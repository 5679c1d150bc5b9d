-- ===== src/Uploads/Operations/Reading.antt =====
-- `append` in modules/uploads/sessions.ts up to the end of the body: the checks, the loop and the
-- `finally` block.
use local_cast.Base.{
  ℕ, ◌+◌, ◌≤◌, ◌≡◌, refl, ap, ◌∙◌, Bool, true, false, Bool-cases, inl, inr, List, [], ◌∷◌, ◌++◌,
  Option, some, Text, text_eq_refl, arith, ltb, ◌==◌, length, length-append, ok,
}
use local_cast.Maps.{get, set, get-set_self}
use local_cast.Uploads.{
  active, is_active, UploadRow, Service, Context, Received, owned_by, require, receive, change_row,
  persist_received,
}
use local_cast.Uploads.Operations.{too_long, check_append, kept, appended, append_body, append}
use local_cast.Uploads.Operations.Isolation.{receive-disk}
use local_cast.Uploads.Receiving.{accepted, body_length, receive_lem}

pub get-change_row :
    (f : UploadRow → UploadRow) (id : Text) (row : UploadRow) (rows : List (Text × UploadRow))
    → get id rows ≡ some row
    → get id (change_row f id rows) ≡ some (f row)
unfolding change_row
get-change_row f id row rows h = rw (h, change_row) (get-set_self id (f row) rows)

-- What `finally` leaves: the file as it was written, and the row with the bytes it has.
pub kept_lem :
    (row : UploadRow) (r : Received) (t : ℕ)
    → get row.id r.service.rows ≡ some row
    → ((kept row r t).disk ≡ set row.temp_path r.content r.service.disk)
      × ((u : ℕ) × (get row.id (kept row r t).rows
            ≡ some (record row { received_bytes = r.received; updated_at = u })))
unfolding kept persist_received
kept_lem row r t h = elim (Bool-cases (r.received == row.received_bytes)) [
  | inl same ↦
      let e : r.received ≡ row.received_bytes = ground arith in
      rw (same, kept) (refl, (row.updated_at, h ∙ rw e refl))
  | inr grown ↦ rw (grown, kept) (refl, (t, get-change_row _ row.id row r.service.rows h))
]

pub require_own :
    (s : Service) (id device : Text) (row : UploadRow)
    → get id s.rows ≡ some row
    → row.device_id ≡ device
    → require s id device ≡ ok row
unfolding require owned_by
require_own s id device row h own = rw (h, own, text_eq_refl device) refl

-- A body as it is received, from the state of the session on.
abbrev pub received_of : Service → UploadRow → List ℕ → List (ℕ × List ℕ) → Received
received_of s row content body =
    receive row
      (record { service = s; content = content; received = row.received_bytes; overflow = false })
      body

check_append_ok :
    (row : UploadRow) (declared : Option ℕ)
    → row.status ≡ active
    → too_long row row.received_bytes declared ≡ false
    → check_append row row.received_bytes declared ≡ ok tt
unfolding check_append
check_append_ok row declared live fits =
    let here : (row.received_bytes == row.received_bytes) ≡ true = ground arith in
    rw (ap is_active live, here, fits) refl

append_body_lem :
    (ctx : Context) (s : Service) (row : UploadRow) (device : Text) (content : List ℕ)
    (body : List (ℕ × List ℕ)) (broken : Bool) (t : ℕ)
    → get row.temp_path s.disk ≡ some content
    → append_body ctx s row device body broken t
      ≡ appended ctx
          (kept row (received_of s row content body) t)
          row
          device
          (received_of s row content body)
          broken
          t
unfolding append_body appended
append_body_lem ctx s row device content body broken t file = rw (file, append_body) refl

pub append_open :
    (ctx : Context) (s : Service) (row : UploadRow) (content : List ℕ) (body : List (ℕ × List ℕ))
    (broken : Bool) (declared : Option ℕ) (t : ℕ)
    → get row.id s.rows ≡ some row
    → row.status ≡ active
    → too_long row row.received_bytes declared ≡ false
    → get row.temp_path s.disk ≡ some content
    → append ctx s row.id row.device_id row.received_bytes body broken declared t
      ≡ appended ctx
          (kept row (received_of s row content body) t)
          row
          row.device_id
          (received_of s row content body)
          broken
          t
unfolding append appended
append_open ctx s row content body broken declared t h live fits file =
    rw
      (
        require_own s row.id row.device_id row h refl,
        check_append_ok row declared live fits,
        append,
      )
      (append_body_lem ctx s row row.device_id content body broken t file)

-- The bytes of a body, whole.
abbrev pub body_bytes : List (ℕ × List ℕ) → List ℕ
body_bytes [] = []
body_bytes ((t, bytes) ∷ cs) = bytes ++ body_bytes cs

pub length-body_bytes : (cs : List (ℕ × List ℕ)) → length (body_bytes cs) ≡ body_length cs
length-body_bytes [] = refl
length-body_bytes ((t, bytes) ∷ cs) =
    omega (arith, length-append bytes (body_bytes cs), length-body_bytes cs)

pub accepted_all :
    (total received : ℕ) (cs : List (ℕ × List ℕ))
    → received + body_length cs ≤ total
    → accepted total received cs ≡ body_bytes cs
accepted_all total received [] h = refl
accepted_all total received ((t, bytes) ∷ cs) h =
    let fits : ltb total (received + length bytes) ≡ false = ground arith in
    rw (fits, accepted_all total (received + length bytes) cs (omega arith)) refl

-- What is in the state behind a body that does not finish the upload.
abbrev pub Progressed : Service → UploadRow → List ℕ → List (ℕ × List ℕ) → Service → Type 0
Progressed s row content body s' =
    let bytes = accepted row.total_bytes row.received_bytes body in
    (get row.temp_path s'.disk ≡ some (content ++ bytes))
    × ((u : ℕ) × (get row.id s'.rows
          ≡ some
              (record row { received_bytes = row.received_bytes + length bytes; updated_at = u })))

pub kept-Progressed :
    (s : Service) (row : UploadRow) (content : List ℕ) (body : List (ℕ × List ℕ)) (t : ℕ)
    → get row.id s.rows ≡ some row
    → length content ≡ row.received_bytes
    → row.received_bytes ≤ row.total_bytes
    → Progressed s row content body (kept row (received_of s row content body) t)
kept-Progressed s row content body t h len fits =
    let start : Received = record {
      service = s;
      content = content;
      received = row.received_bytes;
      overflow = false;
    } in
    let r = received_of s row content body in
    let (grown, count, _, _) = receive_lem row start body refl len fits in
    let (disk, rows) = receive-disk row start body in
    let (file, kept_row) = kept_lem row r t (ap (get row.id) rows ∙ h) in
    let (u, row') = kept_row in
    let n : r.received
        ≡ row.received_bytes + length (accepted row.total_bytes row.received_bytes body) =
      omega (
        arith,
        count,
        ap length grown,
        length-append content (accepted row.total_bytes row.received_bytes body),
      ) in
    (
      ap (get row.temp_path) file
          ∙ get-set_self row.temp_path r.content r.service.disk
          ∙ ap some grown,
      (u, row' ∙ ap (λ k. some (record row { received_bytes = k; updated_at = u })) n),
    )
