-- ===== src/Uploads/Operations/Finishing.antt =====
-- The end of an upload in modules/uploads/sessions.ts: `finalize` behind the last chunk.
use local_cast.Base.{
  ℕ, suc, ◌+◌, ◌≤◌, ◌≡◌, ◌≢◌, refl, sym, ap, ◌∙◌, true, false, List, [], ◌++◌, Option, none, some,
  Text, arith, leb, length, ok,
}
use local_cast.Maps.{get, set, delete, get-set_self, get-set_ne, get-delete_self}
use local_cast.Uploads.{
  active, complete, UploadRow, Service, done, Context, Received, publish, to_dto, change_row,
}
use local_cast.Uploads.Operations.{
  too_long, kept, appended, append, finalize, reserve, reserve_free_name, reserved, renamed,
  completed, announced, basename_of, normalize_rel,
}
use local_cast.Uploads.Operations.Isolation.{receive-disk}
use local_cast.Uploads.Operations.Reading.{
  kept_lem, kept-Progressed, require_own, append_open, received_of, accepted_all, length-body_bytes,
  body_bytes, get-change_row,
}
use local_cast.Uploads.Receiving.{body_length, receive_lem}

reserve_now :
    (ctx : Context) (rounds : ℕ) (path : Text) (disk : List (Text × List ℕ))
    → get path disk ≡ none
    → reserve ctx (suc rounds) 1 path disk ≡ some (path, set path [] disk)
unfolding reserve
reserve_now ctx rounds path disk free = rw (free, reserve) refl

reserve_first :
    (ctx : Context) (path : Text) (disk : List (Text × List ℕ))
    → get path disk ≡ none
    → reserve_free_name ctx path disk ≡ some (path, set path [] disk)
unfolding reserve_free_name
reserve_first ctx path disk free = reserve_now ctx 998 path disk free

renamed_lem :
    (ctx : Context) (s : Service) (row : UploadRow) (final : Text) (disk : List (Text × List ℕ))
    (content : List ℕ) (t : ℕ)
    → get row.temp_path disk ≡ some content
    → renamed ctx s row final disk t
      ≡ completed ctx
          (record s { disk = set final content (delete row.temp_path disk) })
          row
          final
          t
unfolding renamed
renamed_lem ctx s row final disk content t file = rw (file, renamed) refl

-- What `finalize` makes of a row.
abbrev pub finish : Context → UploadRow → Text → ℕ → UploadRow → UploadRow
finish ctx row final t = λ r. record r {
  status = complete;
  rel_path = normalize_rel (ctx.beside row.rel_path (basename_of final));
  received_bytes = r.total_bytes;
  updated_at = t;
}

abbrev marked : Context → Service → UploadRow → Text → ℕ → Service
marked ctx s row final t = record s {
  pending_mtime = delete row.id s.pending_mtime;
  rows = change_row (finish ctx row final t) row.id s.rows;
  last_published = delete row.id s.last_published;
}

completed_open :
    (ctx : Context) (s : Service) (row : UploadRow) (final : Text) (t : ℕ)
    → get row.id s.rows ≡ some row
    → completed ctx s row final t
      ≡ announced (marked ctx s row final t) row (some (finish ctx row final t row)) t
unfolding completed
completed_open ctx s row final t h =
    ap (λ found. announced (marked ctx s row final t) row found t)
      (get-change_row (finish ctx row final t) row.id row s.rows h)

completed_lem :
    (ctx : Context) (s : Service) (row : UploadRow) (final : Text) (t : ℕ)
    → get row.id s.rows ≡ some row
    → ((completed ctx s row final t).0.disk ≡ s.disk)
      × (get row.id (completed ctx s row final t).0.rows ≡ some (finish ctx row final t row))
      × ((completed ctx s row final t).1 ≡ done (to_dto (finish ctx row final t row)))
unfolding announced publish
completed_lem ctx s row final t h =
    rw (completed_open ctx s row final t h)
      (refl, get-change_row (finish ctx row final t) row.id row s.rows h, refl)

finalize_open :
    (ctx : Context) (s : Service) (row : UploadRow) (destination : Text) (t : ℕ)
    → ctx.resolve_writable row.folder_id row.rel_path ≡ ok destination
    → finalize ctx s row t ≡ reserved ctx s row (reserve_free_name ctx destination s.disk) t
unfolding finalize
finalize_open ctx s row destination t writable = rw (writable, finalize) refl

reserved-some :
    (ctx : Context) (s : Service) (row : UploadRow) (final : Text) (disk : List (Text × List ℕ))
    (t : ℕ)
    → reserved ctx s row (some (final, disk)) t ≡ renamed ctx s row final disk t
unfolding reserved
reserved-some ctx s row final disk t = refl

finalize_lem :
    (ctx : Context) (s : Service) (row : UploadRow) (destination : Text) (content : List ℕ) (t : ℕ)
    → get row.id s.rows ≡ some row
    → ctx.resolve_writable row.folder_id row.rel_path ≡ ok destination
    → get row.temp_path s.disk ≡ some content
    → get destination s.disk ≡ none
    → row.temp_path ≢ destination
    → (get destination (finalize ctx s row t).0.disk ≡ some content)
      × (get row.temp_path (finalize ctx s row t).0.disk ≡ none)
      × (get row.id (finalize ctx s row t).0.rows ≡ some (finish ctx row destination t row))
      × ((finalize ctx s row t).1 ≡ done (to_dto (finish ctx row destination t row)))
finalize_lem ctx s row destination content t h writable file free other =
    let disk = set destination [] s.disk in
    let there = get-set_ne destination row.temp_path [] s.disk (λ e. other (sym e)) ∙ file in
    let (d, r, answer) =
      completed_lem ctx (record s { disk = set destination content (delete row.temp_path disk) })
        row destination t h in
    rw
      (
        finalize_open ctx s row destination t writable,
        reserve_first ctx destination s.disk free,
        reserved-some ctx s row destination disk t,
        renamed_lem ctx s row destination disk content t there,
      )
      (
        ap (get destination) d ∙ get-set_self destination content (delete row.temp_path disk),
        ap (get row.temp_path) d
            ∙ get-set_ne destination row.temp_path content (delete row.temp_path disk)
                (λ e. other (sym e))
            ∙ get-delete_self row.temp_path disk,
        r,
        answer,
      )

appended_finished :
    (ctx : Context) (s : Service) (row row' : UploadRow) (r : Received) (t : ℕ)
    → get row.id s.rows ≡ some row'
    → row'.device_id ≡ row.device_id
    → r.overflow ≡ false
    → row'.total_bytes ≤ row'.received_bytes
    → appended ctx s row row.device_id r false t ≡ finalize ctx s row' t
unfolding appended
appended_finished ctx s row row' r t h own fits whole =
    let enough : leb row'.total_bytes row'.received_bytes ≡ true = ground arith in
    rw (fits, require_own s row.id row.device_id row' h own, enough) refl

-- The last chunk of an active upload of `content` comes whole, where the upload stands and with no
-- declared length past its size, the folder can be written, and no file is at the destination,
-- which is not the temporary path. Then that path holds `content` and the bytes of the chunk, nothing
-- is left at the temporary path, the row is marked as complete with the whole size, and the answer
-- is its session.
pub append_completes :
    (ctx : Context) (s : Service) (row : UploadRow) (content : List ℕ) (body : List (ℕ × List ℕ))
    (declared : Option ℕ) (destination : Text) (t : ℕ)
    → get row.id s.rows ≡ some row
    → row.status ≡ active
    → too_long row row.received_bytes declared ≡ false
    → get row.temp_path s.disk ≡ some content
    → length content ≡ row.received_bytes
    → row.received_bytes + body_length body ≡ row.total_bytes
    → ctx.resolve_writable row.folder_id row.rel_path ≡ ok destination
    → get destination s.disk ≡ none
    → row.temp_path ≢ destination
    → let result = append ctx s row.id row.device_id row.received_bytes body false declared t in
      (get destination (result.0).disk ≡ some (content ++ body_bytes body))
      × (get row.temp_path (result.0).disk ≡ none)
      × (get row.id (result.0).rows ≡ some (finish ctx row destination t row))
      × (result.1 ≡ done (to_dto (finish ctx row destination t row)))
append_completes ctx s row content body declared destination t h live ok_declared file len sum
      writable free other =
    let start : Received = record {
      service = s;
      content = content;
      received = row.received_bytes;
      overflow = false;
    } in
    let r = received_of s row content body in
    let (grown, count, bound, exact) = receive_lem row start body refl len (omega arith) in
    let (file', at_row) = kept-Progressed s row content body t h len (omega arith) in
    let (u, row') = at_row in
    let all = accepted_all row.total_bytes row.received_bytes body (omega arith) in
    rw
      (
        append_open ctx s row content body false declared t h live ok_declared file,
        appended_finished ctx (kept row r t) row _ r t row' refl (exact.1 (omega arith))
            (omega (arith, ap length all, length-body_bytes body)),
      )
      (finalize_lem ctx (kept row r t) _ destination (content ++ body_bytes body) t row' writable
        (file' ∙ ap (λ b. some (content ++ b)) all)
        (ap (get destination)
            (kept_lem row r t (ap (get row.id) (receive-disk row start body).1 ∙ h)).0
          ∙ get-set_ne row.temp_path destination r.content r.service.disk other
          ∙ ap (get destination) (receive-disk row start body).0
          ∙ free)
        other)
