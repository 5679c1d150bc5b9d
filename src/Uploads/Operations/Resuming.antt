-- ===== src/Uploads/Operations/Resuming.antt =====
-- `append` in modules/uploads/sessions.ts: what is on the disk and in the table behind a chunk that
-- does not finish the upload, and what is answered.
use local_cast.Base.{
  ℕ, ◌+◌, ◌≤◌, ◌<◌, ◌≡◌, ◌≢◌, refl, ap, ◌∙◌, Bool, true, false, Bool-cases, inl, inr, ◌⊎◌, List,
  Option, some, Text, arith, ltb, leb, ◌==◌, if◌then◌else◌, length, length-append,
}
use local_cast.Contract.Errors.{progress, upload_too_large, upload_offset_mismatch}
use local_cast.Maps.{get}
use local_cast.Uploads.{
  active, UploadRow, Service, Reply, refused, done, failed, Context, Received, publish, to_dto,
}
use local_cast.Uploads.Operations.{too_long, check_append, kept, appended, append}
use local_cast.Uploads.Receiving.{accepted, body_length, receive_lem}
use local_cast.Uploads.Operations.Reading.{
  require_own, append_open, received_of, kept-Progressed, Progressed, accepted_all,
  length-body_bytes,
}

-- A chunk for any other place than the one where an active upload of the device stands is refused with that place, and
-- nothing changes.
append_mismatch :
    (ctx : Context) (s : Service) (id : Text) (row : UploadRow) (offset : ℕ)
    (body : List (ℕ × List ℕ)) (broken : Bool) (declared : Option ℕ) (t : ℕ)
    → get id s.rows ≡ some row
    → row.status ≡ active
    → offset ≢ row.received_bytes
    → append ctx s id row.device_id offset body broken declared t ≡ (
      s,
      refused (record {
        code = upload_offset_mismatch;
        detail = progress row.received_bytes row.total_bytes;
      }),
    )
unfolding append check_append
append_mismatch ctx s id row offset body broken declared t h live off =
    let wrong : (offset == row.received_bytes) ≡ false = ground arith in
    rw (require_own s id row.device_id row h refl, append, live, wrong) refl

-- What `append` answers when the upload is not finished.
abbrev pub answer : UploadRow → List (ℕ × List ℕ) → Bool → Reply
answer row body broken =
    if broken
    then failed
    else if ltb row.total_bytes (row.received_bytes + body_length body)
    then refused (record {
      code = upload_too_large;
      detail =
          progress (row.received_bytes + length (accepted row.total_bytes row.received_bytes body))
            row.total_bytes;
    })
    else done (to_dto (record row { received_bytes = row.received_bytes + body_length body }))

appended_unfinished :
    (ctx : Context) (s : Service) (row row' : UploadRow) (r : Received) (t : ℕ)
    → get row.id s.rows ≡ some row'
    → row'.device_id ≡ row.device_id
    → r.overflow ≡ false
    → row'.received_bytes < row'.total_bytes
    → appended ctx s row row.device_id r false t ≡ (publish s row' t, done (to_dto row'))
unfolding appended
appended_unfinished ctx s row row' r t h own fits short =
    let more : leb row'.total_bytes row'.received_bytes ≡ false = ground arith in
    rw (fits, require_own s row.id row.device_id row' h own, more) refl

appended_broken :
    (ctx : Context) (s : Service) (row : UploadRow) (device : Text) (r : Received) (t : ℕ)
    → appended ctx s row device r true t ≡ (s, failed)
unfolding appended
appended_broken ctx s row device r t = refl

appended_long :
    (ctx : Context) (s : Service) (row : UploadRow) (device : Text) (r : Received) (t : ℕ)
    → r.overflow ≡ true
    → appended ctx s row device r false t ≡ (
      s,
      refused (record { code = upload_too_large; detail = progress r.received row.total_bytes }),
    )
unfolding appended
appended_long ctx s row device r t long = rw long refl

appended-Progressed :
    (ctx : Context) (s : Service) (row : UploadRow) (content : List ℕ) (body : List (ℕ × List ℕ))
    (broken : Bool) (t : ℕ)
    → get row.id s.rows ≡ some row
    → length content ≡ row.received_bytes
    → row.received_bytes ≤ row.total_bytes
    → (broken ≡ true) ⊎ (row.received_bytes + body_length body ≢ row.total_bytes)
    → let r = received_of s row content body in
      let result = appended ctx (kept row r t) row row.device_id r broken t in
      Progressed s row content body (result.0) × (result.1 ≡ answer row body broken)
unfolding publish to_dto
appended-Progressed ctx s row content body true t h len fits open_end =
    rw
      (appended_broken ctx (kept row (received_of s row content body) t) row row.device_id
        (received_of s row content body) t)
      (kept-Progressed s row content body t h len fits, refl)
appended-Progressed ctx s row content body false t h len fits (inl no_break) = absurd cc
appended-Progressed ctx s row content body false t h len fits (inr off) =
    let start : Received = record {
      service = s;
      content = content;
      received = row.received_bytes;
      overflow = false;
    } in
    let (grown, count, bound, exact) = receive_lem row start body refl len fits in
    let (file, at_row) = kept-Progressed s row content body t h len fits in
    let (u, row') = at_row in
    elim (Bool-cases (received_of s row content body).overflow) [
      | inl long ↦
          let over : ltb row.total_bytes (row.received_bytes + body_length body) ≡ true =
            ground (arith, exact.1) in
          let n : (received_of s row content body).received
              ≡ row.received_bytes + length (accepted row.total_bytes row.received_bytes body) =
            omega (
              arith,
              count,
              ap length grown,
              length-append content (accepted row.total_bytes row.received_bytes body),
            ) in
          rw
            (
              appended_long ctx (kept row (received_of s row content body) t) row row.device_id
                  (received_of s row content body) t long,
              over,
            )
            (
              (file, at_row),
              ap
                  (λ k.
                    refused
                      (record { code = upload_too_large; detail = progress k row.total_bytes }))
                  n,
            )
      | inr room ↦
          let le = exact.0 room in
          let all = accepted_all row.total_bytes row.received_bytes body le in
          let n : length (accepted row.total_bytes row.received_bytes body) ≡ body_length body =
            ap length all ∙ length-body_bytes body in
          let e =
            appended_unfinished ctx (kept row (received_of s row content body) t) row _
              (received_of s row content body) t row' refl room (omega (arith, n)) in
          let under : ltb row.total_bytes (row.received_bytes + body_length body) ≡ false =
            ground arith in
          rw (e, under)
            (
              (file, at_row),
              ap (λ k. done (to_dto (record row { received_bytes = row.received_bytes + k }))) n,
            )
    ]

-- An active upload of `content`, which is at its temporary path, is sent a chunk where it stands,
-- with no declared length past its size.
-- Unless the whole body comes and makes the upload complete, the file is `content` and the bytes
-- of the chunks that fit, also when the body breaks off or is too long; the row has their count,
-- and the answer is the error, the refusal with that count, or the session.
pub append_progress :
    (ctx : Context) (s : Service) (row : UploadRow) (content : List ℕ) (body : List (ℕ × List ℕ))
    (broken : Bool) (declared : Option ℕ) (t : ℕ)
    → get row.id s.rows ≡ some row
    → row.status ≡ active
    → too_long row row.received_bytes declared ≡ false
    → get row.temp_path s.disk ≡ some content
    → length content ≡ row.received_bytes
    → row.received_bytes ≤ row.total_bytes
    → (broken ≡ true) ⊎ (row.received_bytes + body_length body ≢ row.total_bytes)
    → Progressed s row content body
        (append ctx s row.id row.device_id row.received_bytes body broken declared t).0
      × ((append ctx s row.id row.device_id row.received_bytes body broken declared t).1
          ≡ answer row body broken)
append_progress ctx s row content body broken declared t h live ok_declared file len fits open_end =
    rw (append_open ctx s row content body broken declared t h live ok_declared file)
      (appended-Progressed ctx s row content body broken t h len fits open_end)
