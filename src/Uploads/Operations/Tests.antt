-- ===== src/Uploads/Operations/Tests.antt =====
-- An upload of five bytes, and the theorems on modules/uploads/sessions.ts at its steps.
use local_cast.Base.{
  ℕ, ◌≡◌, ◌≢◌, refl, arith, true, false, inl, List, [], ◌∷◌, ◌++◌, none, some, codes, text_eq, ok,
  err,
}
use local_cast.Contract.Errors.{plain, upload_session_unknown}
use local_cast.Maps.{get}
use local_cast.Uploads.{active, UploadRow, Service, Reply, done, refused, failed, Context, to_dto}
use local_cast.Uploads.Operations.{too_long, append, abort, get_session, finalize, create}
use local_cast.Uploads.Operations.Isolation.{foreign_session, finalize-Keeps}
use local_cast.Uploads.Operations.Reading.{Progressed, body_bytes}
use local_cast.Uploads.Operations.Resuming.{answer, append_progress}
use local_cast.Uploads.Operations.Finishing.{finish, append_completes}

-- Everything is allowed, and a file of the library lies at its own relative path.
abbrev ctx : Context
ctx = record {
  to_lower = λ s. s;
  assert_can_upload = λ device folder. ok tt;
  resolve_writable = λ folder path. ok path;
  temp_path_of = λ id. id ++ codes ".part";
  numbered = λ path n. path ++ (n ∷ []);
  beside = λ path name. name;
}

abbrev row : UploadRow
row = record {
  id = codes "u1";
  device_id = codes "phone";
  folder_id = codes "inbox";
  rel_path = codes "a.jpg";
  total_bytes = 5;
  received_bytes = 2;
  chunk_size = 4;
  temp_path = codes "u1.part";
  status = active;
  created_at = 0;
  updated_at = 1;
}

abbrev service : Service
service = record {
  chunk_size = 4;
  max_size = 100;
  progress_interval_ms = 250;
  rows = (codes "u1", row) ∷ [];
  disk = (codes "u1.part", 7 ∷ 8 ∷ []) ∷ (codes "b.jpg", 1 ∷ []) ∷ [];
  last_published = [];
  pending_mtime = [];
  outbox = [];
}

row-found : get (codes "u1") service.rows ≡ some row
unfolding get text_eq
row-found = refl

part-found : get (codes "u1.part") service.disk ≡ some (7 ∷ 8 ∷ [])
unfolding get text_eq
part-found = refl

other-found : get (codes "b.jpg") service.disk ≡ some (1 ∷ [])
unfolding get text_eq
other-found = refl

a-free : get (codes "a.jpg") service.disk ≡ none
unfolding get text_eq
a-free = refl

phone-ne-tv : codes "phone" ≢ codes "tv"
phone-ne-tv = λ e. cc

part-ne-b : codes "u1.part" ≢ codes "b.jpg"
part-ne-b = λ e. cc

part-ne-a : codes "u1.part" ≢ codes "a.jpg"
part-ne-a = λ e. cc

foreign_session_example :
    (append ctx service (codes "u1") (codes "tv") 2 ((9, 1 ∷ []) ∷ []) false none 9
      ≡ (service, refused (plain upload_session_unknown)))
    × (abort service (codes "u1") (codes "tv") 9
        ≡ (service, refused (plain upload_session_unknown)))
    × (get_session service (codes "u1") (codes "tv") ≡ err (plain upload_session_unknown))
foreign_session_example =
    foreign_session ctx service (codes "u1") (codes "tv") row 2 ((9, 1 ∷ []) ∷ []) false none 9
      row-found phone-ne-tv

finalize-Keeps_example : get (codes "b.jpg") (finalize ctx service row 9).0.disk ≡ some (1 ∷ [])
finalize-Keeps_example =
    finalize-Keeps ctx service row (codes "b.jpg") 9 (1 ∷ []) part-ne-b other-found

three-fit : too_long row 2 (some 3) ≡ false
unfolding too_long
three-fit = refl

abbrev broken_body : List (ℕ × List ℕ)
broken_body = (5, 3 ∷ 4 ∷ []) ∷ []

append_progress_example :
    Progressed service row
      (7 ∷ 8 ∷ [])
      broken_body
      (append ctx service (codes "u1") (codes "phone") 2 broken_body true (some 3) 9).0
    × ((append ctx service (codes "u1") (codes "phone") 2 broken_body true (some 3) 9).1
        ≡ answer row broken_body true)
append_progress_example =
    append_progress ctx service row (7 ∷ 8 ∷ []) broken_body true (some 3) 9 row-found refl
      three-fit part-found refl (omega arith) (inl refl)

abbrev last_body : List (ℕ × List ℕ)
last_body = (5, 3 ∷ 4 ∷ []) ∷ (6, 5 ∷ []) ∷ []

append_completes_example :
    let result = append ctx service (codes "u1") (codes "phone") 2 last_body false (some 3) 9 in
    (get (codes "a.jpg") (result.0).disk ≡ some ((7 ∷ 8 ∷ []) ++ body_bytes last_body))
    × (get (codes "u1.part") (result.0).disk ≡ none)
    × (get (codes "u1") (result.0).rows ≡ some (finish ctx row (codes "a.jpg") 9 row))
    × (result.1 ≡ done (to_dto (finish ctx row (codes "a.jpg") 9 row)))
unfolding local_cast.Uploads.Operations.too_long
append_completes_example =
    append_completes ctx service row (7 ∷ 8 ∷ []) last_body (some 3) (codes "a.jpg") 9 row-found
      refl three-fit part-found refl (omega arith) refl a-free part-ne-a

▶ Task details
Copy out every line of the data where the word "failed" occurs.

▶ Answer to this problem
  active, UploadRow, Service, Reply, refused, done, failed, Context, Received, publish, to_dto,
    then failed
    → appended ctx s row device r true t ≡ (s, failed)
use local_cast.Uploads.{active, UploadRow, Service, Reply, done, refused, failed, Context, to_dto}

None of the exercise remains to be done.